» ACTIVITY
In the entries below, find the line with "abbrev update : (ℕ" and the line with "opened = cs.opened + 1;"; give again those lines and every line between them, exactly.

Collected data
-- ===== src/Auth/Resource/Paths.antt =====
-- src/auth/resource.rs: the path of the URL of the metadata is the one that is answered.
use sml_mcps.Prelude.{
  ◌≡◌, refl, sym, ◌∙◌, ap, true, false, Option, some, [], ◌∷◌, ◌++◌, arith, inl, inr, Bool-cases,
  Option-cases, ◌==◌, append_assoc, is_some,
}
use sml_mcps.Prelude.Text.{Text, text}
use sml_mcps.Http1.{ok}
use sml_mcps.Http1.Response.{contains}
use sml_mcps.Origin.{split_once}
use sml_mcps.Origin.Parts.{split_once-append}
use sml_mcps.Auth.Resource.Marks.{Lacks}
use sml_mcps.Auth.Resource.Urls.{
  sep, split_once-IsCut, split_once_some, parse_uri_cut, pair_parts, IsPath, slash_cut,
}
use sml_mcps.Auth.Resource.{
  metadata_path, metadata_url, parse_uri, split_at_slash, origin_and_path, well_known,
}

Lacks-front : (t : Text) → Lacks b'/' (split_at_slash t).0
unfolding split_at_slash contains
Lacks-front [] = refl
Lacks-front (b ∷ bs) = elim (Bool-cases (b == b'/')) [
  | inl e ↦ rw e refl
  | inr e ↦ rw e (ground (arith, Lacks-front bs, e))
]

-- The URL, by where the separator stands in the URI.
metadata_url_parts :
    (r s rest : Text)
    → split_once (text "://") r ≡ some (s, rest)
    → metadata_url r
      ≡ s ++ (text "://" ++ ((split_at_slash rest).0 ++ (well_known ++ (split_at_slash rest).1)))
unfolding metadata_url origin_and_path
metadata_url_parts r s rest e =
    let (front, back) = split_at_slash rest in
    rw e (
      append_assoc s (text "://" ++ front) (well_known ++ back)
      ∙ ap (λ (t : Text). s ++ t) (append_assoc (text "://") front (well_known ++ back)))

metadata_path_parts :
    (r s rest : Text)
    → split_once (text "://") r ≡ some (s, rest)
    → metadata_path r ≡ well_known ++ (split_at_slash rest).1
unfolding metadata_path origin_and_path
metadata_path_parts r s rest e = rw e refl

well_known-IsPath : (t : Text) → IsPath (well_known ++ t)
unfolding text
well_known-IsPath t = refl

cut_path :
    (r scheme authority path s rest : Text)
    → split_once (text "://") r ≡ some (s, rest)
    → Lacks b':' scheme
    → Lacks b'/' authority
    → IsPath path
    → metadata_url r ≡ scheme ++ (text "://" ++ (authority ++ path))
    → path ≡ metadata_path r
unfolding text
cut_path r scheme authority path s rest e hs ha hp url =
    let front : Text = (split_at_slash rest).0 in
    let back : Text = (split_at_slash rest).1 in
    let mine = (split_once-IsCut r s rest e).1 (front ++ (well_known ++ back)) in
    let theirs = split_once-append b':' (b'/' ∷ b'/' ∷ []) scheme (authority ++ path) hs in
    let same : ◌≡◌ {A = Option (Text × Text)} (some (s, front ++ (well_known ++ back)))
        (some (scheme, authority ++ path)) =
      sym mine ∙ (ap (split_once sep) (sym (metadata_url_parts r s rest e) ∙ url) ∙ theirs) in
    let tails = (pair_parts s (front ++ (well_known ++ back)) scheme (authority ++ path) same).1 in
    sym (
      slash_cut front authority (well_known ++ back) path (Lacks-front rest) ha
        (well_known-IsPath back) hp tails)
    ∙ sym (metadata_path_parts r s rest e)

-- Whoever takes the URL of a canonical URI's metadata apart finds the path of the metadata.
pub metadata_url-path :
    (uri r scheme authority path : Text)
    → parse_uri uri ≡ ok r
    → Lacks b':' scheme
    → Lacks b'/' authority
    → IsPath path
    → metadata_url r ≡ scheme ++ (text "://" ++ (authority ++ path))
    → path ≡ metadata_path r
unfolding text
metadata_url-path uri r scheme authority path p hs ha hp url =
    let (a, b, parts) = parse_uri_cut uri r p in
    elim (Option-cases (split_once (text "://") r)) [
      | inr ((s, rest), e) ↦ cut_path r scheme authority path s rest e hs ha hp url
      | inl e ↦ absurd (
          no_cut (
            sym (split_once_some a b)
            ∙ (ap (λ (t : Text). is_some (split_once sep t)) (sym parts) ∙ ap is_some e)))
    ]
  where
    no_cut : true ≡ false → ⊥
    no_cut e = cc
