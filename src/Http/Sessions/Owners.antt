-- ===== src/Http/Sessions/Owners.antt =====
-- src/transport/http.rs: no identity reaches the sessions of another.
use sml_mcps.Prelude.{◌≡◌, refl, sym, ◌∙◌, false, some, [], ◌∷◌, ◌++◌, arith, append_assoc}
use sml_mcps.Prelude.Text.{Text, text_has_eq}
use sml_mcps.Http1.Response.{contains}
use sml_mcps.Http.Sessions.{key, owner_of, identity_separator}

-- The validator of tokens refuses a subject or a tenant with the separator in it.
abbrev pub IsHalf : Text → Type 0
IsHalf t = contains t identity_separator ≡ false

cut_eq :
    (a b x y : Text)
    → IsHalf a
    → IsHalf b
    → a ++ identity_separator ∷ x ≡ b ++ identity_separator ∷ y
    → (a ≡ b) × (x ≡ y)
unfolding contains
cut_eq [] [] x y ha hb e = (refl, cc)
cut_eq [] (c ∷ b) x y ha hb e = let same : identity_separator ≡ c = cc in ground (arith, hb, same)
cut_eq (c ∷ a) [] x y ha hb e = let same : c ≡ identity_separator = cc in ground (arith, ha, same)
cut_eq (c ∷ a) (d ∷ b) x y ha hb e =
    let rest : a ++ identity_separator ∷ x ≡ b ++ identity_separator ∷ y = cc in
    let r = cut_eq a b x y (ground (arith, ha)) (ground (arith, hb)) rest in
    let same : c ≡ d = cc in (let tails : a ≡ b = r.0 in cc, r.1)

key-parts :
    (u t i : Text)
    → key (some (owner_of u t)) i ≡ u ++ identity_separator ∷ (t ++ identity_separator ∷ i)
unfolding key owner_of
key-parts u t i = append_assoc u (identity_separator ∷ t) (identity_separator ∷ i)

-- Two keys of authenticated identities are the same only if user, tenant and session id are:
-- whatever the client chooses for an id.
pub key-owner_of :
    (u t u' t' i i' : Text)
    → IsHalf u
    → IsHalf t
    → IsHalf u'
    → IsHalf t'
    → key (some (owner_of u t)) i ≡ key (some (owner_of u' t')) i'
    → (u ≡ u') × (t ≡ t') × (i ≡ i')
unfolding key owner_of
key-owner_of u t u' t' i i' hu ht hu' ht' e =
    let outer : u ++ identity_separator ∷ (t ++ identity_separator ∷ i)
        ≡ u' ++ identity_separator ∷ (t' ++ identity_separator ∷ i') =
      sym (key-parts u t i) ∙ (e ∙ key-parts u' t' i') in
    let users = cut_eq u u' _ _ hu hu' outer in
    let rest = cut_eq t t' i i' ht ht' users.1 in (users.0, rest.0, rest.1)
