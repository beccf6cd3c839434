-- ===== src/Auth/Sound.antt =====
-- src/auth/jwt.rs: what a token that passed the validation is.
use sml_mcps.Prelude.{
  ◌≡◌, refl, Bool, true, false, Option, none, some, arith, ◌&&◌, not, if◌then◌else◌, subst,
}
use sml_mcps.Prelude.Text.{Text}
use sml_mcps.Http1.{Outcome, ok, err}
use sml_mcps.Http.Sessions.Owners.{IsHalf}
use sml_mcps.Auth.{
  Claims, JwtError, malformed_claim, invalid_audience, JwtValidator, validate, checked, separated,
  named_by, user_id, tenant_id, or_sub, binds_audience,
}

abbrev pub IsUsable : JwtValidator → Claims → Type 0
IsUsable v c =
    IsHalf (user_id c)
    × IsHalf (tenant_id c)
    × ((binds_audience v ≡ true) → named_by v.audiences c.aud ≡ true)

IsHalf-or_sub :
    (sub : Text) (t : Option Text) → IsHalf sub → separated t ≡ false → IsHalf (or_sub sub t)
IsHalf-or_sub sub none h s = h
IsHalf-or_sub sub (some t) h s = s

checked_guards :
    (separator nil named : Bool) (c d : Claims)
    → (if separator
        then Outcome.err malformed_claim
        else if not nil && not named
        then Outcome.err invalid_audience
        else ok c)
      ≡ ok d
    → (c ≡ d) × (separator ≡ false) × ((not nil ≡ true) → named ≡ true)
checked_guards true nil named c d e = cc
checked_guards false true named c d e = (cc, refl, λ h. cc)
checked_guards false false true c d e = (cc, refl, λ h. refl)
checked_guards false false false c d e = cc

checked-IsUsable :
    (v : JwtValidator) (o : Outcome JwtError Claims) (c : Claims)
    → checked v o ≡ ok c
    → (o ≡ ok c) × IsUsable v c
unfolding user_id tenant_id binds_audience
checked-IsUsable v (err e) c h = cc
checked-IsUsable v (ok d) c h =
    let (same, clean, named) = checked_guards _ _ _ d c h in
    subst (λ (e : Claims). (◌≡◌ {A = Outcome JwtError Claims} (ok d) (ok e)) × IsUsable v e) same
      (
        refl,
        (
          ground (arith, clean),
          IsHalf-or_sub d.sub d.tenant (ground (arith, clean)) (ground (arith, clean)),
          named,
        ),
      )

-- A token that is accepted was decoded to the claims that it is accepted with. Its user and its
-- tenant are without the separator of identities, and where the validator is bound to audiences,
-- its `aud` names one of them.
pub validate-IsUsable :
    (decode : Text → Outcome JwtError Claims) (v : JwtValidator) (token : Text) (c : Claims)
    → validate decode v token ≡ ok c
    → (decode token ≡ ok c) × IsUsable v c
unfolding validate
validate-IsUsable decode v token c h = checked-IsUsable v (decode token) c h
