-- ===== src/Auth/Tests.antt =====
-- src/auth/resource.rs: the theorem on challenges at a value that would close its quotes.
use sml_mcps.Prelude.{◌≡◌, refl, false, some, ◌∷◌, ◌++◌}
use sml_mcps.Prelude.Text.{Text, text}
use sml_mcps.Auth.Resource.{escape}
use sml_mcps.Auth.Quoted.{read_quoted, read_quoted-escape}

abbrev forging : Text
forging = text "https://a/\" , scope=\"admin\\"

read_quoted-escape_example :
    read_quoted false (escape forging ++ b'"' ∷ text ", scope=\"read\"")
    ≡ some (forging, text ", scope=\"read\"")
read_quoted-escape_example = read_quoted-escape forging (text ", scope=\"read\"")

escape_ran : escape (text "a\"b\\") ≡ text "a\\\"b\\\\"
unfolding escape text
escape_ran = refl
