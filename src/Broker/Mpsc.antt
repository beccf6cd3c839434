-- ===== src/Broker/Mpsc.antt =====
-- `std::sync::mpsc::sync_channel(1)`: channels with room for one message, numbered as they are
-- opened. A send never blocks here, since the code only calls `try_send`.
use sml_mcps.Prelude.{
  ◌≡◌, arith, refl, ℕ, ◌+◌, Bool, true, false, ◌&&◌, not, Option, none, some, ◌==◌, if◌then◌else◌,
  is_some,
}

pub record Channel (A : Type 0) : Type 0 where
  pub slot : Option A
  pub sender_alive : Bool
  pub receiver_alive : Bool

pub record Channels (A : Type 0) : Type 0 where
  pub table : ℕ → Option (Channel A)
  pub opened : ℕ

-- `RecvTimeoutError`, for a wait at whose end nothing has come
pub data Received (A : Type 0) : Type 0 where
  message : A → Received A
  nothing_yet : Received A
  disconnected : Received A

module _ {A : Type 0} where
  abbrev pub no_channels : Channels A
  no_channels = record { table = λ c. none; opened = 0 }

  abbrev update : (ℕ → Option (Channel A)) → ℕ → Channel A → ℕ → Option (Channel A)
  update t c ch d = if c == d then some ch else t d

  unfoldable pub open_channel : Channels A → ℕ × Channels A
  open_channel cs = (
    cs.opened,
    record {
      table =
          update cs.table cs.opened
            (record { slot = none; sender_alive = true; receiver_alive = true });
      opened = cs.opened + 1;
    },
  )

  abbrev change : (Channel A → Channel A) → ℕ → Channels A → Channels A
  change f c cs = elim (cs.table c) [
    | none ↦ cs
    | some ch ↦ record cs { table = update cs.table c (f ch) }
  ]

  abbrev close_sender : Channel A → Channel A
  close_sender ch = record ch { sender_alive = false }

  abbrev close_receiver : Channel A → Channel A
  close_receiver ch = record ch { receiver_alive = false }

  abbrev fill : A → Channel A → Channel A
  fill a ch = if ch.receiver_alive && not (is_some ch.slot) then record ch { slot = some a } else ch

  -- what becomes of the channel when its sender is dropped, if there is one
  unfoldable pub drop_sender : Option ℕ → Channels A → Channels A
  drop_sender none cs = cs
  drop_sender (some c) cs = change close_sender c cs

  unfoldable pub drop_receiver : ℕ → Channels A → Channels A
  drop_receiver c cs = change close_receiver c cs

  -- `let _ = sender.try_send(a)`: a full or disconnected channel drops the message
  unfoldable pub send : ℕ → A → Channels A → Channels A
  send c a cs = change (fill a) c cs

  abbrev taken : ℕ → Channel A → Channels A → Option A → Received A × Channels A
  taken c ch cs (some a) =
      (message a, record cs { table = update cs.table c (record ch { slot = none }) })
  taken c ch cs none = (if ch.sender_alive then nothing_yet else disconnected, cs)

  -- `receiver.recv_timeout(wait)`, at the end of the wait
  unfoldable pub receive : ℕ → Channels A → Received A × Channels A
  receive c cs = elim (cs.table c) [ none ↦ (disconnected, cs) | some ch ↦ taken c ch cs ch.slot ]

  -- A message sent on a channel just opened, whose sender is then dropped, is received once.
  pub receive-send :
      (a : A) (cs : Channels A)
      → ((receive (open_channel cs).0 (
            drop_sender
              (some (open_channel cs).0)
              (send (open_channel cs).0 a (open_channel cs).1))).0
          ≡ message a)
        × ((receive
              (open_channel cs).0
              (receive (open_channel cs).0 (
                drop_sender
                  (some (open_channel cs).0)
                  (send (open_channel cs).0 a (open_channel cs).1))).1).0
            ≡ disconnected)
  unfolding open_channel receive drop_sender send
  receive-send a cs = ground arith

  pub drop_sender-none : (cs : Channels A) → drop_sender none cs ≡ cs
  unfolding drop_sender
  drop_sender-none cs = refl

» PROBLEM SOLUTION
  abbrev update : (ℕ → Option (Channel A)) → ℕ → Channel A → ℕ → Option (Channel A)
  update t c ch d = if c == d then some ch else t d

  unfoldable pub open_channel : Channels A → ℕ × Channels A
  open_channel cs = (
    cs.opened,
    record {
      table =
          update cs.table cs.opened
            (record { slot = none; sender_alive = true; receiver_alive = true });
      opened = cs.opened + 1;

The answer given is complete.